Since they hatch at room temperature...I would probably just put a cup on the bottom of the tank filled with parasitized fly pupae and the wasps would hatch from them and crawl up and out.

Potentially they could be emergency backup feeders, since they could be stored?

Does anyone have experience with these?
The only thing I am concerned about is the presence of venom in the stinger which might transfer to the frogs (as in the wild) and the frogs becoming 
toxic.

Thanks! Looking forward to see what ppl think about these wasps.
-Zee

PS...I don't ever remember being stung by them..don't know if they are stingerless or just innocuous.


----------



## Dancing frogs (Feb 20, 2004)

I know some people have, (I haven't, though I have a few inquiries on here if you search) they are especially useful for tiny froglets (pumilio, retics, etc).


----------



## ZeeMan (Sep 19, 2008)

What key words should I search under?

Thanks!


----------



## xm41907 (Nov 26, 2007)

Parasitoid wasps wouldn't make a very good alternative food source to fruit flies, however I could seem be used in a pinch. The first and foremost problem with using them is that to be economical you would want to rear them yourself. To accomplish this you would first need to rear a host species. While there are some odd hosts, the majority are parsitoids of lepidopterans, larvae mainly but there are a few that parasitize the egg stage. Secondly the yield you would produce in relation to the number of leps is pretty low. If someone is ambitious and has the time/money then go for it. As for me it's just not worth the effort as a consistant food source. In contrast, parasitiod rearing is a lot of fun. I would suggest playing with them during spring and summer as an experiement and something fun to do. (PM me if you'd like more info on rearing them)

As for purchasing the wasps, again, it wouldn't be economical. They will have a shelf life, depending on the species and temp for which they are stored. If someones main food source were to crash, and they had a few oothecas in the frig, you could toss them in the viv. I wouldn't be concerned about bring stung, even though the females would have the ability to sting, parasitic wasps are not aggressive as yellowjackets and paper wasps. Someone with a better biochemistry background would have to answer about frog toxicity with parasitic wasps as a diet, but I would think that unless they were the main food source, it would be a negligible difference. 

James


----------



## housevibe7 (Sep 24, 2006)

I have heard of people using jewel wasps for pumilio young. DOnt know if these are parasitoids or not, but they work great.

Edited to add:
I guess they are parasites:
http://www.life.uiuc.edu/ib/109/Insect rearing/jewel wasp.html

But I know they DO work, they just don't have anything to ovaposit so you dont "culture" them. I think the person I know that uses them just gets cultures of them from a place that DOES culture them.


----------



## JL-Exotics (Nov 10, 2005)

We've used them before, and they do make a good supplemental feeder.
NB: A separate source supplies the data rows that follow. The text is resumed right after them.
-- ===== src/Task/Life/Tests.antt =====
-- A task with a parent that exits, for task.cpp.
use venom_os.Base.{◌+◌, ◌==◌, if◌then◌else◌, ◌≡◌, ℕ, true, some, none, [], ◌∷◌, refl, arith}
use venom_os.Heap.{magic_freed}
use venom_os.Task.{Table, Task, State, find_by_pid, pid_slot_index}
use venom_os.Task.Life.{Kernel, no_cleanup, exit_current}
use venom_os.Task.Life.Exit.{HasExited, exit_current-HasExited}

abbrev member : ℕ → State → Task
member i s = record {
  rsp = 0;
  stack_base = 0x20_0000 + i;
  entry = 0;
  state = s;
  pid = i + 257;
  generation = 1;
  parent_pid = 257;
  first_child = if i == 0 then 259 else (if i == 2 then 260 else 0);
  next_sibling = 0;
  exit_code = 0;
  wake_tick = 0;
  name = 0;
  cr3 = 0x5000;
  user_entry = 0;
  user_stack_top = 0;
}

-- Slot 0 is the parent of slot 2, which runs and is the parent of slot 3; slot 1 is init.
abbrev family : Table
family = record {
  tasks = λ i.
      if i == 2
      then member 2 State.running
      else (if i == 3
          then record (member 3 State.ready) { parent_pid = 259 }
          else (if i == 1
              then member 1 State.sleeping
              else (if i == 0 then member 0 State.blocked else member i State.dead)));
  current_index = some 2;
  kernel_cr3 = 0x1000;
  loaded_cr3 = 0x5000;
}

abbrev kernel : Kernel
kernel = record {
  table = family;
  init_pid = 258;
  pending_cleanup = no_cleanup;
  heap = record { blocks = []; heap_min = 0; heap_max = 0 };
  machine = record { tables = λ t i. 0; pmm = record { bitmap = λ i. 0xff; free_count = 0 } };
}

exit_current-HasExited_example :
    (k' : Kernel) × (exit_current 7 kernel ≡ some k') × HasExited 2 7 (member 2 State.running) k'
unfolding find_by_pid pid_slot_index
exit_current-HasExited_example =
    exit_current-HasExited 7 2 (3 ∷ []) kernel refl (refl, refl, refl) (omega arith)

-- A kernel with a heap of one large block, and with no task but dead ones of a generation.
abbrev fresh : ℕ → Kernel
fresh generation = record kernel {
  table = record family {
    tasks = λ i. record (member i State.dead) { generation = generation };
    current_index = none;
  };
  heap = record {
    blocks = record { addr = 0x20_0000; size = 0x8000; free = true; magic = magic_freed } ∷ [];
    heap_min = 0x20_0000;
    heap_max = 0x20_9000;
  };
}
They would not be feasible as a staple food unless you could rear them (and their host, the house fly), but they do hatch out quite small and are suitable for froglets.


----------



## Dancing frogs (Feb 20, 2004)

xm41907 said:


> Parasitoid wasps wouldn't make a very good alternative food source to fruit flies, however I could seem be used in a pinch. The first and foremost problem with using them is that to be economical you would want to rear them yourself. To accomplish this you would first need to rear a host species. While there are some odd hosts, the majority are parsitoids of lepidopterans, larvae mainly but there are a few that parasitize the egg stage. Secondly the yield you would produce in relation to the number of leps is pretty low. If someone is ambitious and has the time/money then go for it. As for me it's just not worth the effort as a consistant food source. In contrast, parasitiod rearing is a lot of fun. I would suggest playing with them during spring and summer as an experiement and something fun to do. (PM me if you'd like more info on rearing them)
> 
> As for purchasing the wasps, again, it wouldn't be economical. They will have a shelf life, depending on the species and temp for which they are stored. If someones main food source were to crash, and they had a few oothecas in the frig, you could toss them in the viv. I wouldn't be concerned about bring stung, even though the females would have the ability to sting, parasitic wasps are not aggressive as yellowjackets and paper wasps. Someone with a better biochemistry background would have to answer about frog toxicity with parasitic wasps as a diet, but I would think that unless they were the main food source, it would be a negligible difference.
> 
> James


On the contrary, it would be very economical if you had high buck froglets that needed ultra small food items for the first week or two. 
I do understand what you are saying though, and don't think anyone that has tried them has suggested that they would be good as a staple food item.


----------



## Dancing frogs (Feb 20, 2004)

ZeeMan said:


> What key words should I search under?
> 
> Thanks!


Parasitic wasps


http://www.dendroboard.com/forum/search.php?searchid=106041


----------



## Julio (Oct 8, 2007)

eds fly meat used to sell them, not sure if they still do, but they are more of a pain to culture then they are worth so they are not a good food source.


----------



## mtolypetsupply (Dec 18, 2008)

I know we order them for the horses, and you can get a "subscription" where they arrive monthly during the fly season. It's pretty economical, regarding fly control, but I don't know how great it is for PDF food. 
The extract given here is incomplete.